Thursday, June 7, 2012

The Weird Sisters




The Weird Sisters is one of those novels that you think about a lot while you read it. The premise involves three sisters—Rose (Rosalinda), Bean (Bianca), and Cordy (Cordelia)—who move in with their parents because of their own various failures and problems. However, they all make the transition back to the nest under the guise of helping their mother who has just been diagnosed with breast cancer. The book doesn’t leave you in the time between when you are reading and when you are not. I found myself thinking about the novel throughout the day: Which sister was I the most like? Responsible, homebody Rose? Sneaky, party-girl Bean? Free, gypsy-esq Cordy? 

All of the girls move home with secrets—Rose is too afraid to leave her hometown and move to England with her fiancĂ©, Johnathan. She uses the excuse of her mother’s cancer as a reason to move back in with her parents and avoid following Johnathan to his new, one-year job in London. Cordy is pregnant and returns to her parents’ house where she tries to keep her situation hidden. Bean has just been caught stealing from her job in New York. Penniless and indebted to her former employer, she trots back to Ohio.

This book isn’t heavily plot driven—most of the plot points are a bit predictable. However, the interesting part of the novel is watching how the three sisters grow as individuals and as a family. The nature of the novel constantly comes back to questions of identity: Is it possible to define yourself and your personality in a vacuum? Does your role in your family play a part in your self-definition?  For example, Bean is often left feeling self-conscious because she is neither the responsible Rose nor the loveable Cordy. Similarly, Cordy has always been the baby of the family and has a hard time seeing herself as an adult who is about to have her own child. The girls come to realize that they can be defined separately from their family while still having a connection to their roots. 
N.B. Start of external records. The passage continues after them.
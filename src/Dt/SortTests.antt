-- ===== src/Dt/SortTests.antt =====
-- The merge sort, `Copy` and `Reset` of the list at a concrete memory, and runs of them.
use fun.Prelude.{
  ℕ, ◌<◌, ◌≡◌, ◌⊎◌, refl, true, false, some, Bool, List, [], ◌∷◌, length, arith, ltb, ◌==◌,
  if◌then◌else◌,
}
use fun.Links.{Ptr, has}
use fun.Dt.Heap.Order.{Ordering, Sorted, passing}
use fun.Dt.List.{Element, Memory, len, is_ok, front, iterator_front, ◌>>=◌}
use fun.Dt.List.IsList.{Member}
use fun.Dt.List.Own.{Own}
use fun.Dt.List.Setup.{Unused}
use fun.Dt.List.Sort.{is_in, sort_merge}
use fun.Dt.List.Sort.Result.{sort_merge_lem, sort_merge-is_in}
use fun.Dt.List.Whole.{copy, copy_lem}
use fun.Dt.List.Reset.{reset, reset_lem}

abbrev node : ℕ → ℕ → ℕ → Bool → Element ℕ
node n p v good = record { next = n; prev = p; list = 1; ok = good; item = v }

-- The list 1 with the values 5, 1 and 3 at 4, 5 and 6, round its root at 2, with its length at 3.
abbrev three : Memory ℕ
three = record {
  elements = λ p.
      if p == 4
      then node 5 2 5 true
      else if p == 5
      then node 6 4 1 true
      else if p == 6
      then node 2 5 3 true
      else node 4 6 0 false;
  lists = λ l. record { head = 2; meta = 3 };
  lengths = λ k. 3;
  fresh = 7;
}

three-Member : (p : ℕ) → has p (4 ∷ 5 ∷ 6 ∷ []) ≡ true → Member three 1 p
three-Member p i = record {
  not_nil = ground arith;
  listed = ground arith;
  good = ground arith;
  old = ground arith;
}

three-Own : Own three 1 2 (4 ∷ 5 ∷ 6 ∷ []) (5 ∷ 1 ∷ 3 ∷ [])
three-Own = record {
  is_list = record {
    list_not_nil = omega arith;
    root_not_nil = omega arith;
    meta_not_nil = omega arith;
    head_is = refl;
    meta_is = refl;
    counted = refl;
    chain = (refl, refl, (refl, refl, (refl, refl, (refl, refl))));
    distinct = (refl, (refl, (refl, tt)));
    root_apart = refl;
    root_listed = refl;
    root_bad = refl;
    root_old = omega arith;
    member = three-Member;
  };
  are = refl;
  list_old = omega arith;
  meta_old = omega arith;
}

sort_merge_lem_example :
    (m : Memory ℕ) × (ys : List ℕ) × (sort_merge 0 ltb three 1 ≡ some m)
    × ((fuel : ℕ) → length ys < fuel → iterator_front 0 fuel m 1 ≡ some ys)
    × (len m 1 ≡ length ys)
    × (Ordering ltb → Sorted ltb ys)
    × ((p : ℕ → Bool) → passing p ys ≡ passing p (5 ∷ 1 ∷ 3 ∷ []))
sort_merge_lem_example = sort_merge_lem 0 ltb three 1 2 (4 ∷ 5 ∷ 6 ∷ []) (5 ∷ 1 ∷ 3 ∷ []) three-Own

sort_merge-is_in_example :
    (m : Memory ℕ) × (e : Ptr) × (sort_merge 0 ltb three 1 ≡ some m)
    × (front 0 m 1 ≡ some (e, m))
    × (is_ok m e ≡ true)
    × (is_in m e 1 ≡ false)
sort_merge-is_in_example =
    sort_merge-is_in 0 ltb three 1 2 (4 ∷ 5 ∷ 6 ∷ []) (5 ∷ 1 ∷ 3 ∷ []) three-Own (omega arith)

sort_run : (sort_merge 0 ltb three 1 >>= (λ m. iterator_front 0 9 m 1)) ≡ some (1 ∷ 3 ∷ 5 ∷ [])
unfolding sort_merge iterator_front
sort_run = refl

copy_lem_example :
    (m : Memory ℕ) × (os : List Ptr) × (copy 0 three 1 ≡ some (7, m))
    × ((Own m 7 8 os (5 ∷ 1 ∷ 3 ∷ [])) ⊎ ((◌≡◌ {A = List ℕ} (5 ∷ 1 ∷ 3 ∷ []) []) × Unused m 7))
    × Own m 1 2 (4 ∷ 5 ∷ 6 ∷ []) (5 ∷ 1 ∷ 3 ∷ [])
copy_lem_example = copy_lem 0 three 1 2 (4 ∷ 5 ∷ 6 ∷ []) (5 ∷ 1 ∷ 3 ∷ []) three-Own

reset_run : (m : Memory ℕ) × (reset 0 three 1 ≡ some m) × Own m 1 2 [] []
reset_run = reset_lem 0 three 1 2 (4 ∷ 5 ∷ 6 ∷ []) (5 ∷ 1 ∷ 3 ∷ []) three-Own
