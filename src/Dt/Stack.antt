-- ===== src/Dt/Stack.antt =====
-- dt/stack.go: the singly linked stack, over a memory of items and stack headers. An address is a
-- number and nil is 0; a command that dereferences nil gives `none`.
pub mod Detach
pub mod Holds
pub mod Pop
pub mod Remove
use fun.Prelude.{
  ℕ, zero, suc, ◌+◌, Bool, true, false, not, ◌&&◌, ◌||◌, List, [], ◌∷◌, Option, none, some, ◌==◌,
  if◌then◌else◌,
}
use fun.Prelude.Int.{ℤ, pos, negsuc, ◌+ℤ◌, ltb_ℤ}
use fun.Links.{Ptr, update}

abbrev pub nil : Ptr
nil = 0

-- `Item[T]`
pub record Item (A : Type 0) : Type 0 where
  pub next : Ptr
  pub stack : Ptr
  pub ok : Bool
  pub value : A

-- `Stack[T]`
pub record Stack : Type 0 where
  pub head : Ptr
  pub length : ℤ

-- Nothing is allocated at `fresh` or above.
pub record Memory (A : Type 0) : Type 0 where
  pub items : Ptr → Item A
  pub stacks : Ptr → Stack
  pub fresh : Ptr

module _ {A : Type 0} where
  -- `it.Ok()`
  abbrev pub is_ok : Memory A → Ptr → Bool
  is_ok m p = not (p == nil) && (m.items p).ok

  -- `s.Len()`, of a stack that is not nil.
  abbrev pub len : Memory A → Ptr → ℤ
  len m s = (m.stacks s).length

  -- `NewItem(v)`
  abbrev pub new_item : A → Item A
  new_item v = record { next = nil; stack = nil; ok = true; value = v }

  abbrev pub allocate : Memory A → Item A → Memory A
  allocate m x = record m { items = update m.items m.fresh x; fresh = m.fresh + 1 }

  -- `s.root()`, with the zero value of the type: the head, which is made if there is none.
  unfoldable pub root : A → Memory A → Ptr → Option (Ptr × Memory A)
  root zero_value m s =
      if s == nil
      then none
      else if (m.stacks s).head == nil
      then (let r : Item A = record { next = nil; stack = s; ok = false; value = zero_value } in
          let m1 = allocate m r in
          some (
            m.fresh,
            record m1 { stacks = update m.stacks s (record { head = m.fresh; length = pos 0 }) },
          ))
      else some ((m.stacks s).head, m)

  -- `it.Append(n)` of an item that is not nil, which returns an item.
  unfoldable pub append : A → Memory A → Ptr → Ptr → Option (Ptr × Memory A)
  unfolding root
  append zero_value m it n =
      let s = (m.items it).stack in
      if n == nil
        || (s == nil
            || (s == (m.items n).stack || (not ((m.items n).stack == nil) || not (m.items n).ok)))
      then some (it, m)
      else elim (root zero_value m s) [
        | none ↦ none
        | some (r, m1) ↦
            let h = m1.stacks s in
            let x : Item A = record (m1.items n) { next = r; stack = s } in
            let h' : Stack = record { head = n; length = h.length +ℤ pos 1 } in
            some (n, record m1 { items = update m1.items n x; stacks = update m1.stacks s h' })
      ]

  -- `s.Push(v)`, by `it.Push(v)` of the root.
  unfoldable pub push : A → Memory A → Ptr → A → Option (Memory A)
  unfolding root append
  push zero_value m s v = elim (root zero_value m s) [
    | none ↦ none
    | some (r, m1) ↦ elim (append zero_value (allocate m1 (new_item v)) r m1.fresh) [
      | none ↦ none
      | some (p, m2) ↦ some m2
    ]
  ]

  -- `s.Pop()`
  unfoldable pub pop : A → Memory A → Ptr → Option (Ptr × Memory A)
  unfolding root
  pop zero_value m s = elim (root zero_value m s) [
    | none ↦ none
    | some (r, m1) ↦
        let h = m1.stacks s in
        if ltb_ℤ (pos 0) h.length
        then (let x = m1.items h.head in
            some (
              r,
              record m1 {
                items = update m1.items h.head (record x { stack = nil });
                stacks =
                    update m1.stacks s (record { head = x.next; length = h.length +ℤ negsuc 0 });
              },
            ))
        else some (r, m1)
  ]

  -- `Iterator`, from an item, for at most `fuel` of them.
  pub iterate : ℕ → Memory A → Ptr → List A
  iterate zero m p = []
  iterate (suc fuel) m p =
      let rest = iterate fuel m (m.items p).next in
      if is_ok m p then (m.items p).value ∷ rest else []

  unfoldable pub iterator : A → ℕ → Memory A → Ptr → Option (List A)
  unfolding root iterate
  iterator zero_value fuel m s = elim (root zero_value m s) [
    | none ↦ none
    | some (r, m1) ↦ some (iterate fuel m1 r)
  ]

  -- The loop of `Remove`, from the item `p`: whether it comes to the item `it`.
  pub find_item : ℕ → Memory A → Ptr → Ptr → Bool
  find_item zero m p it = false
  find_item (suc fuel) m p it =
      let rest = find_item fuel m (m.items p).next it in
      is_ok m p && (p == it || (not ((m.items p).next == nil) && rest))

  -- `it.Remove()`; `next.next = it.next` writes the item's own link back to it.
  unfoldable pub remove : ℕ → Memory A → Ptr → Bool × Memory A
  unfolding find_item
  remove fuel m it =
      let s = (m.items it).stack in
      let h = m.stacks s in
      if it == nil || (s == nil || not (m.items it).ok)
      then (false, m)
      else if find_item fuel m h.head it
      then (
        true,
        record m {
          items = update m.items it (record (m.items it) { stack = nil });
          stacks = update m.stacks s (record { head = h.head; length = h.length +ℤ negsuc 0 });
        },
      )
      else (false, m)

  -- `it.Set(v)` of an item that is not nil
  unfoldable pub set_value : Memory A → Ptr → A → Bool × Memory A
  set_value m it v =
      let x = m.items it in
      if not (x.stack == nil) && ((m.stacks x.stack).head == it || x.next == nil)
      then (false, m)
      else (true, record m { items = update m.items it (record x { ok = true; value = v }) })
Brown also discusses the nature of hometowns—how they can be hard to leave and hard to come back to. The duality of hometowns is something that has always been a favorite topic of mine in my own writing, and I really admired Brown’s discussion of the subject. Each sister represents a stance on their hometown of Barney: Rose never wanted to leave. Bean moved somewhere else and made that her home. Cordy never wanted to have a home at all and lived a wanderer’s life. However, by the end of the book, the sisters’ views on hometowns/homes shift. At one point Cordy says, "We all want to become something better than Barney, but we won't" (313).

The together/separateness of the characters in the novel is mirrored by the point of view in which Brown writes. I have never read a book with this exact style. It is told in the first-person plural (think The Virgin Suicides), with the sentences focused around the sisters as the collective “we.” However, much of the book breaks away from the collective mentality and focuses on a specific sister with the third-person voice. The book will discuss just what Cordy is doing at the moment, for instance.

The book is aware of its own literary prowess. The characters often talk in lines of Shakespeare, because of the sisters’ father being a scholar on good ole Bill’s work. The Weird Sisters are a reference to Shakespeare’s witches in Macbeth and the girls are individually named after characters in various plays.

The Weird Sisters is great for two kinds of readers: those who enjoy a unique point-of view narration and literary allusions, and those who like stories about people going through changes and transitions. It’s a great read, and I highly recommend it.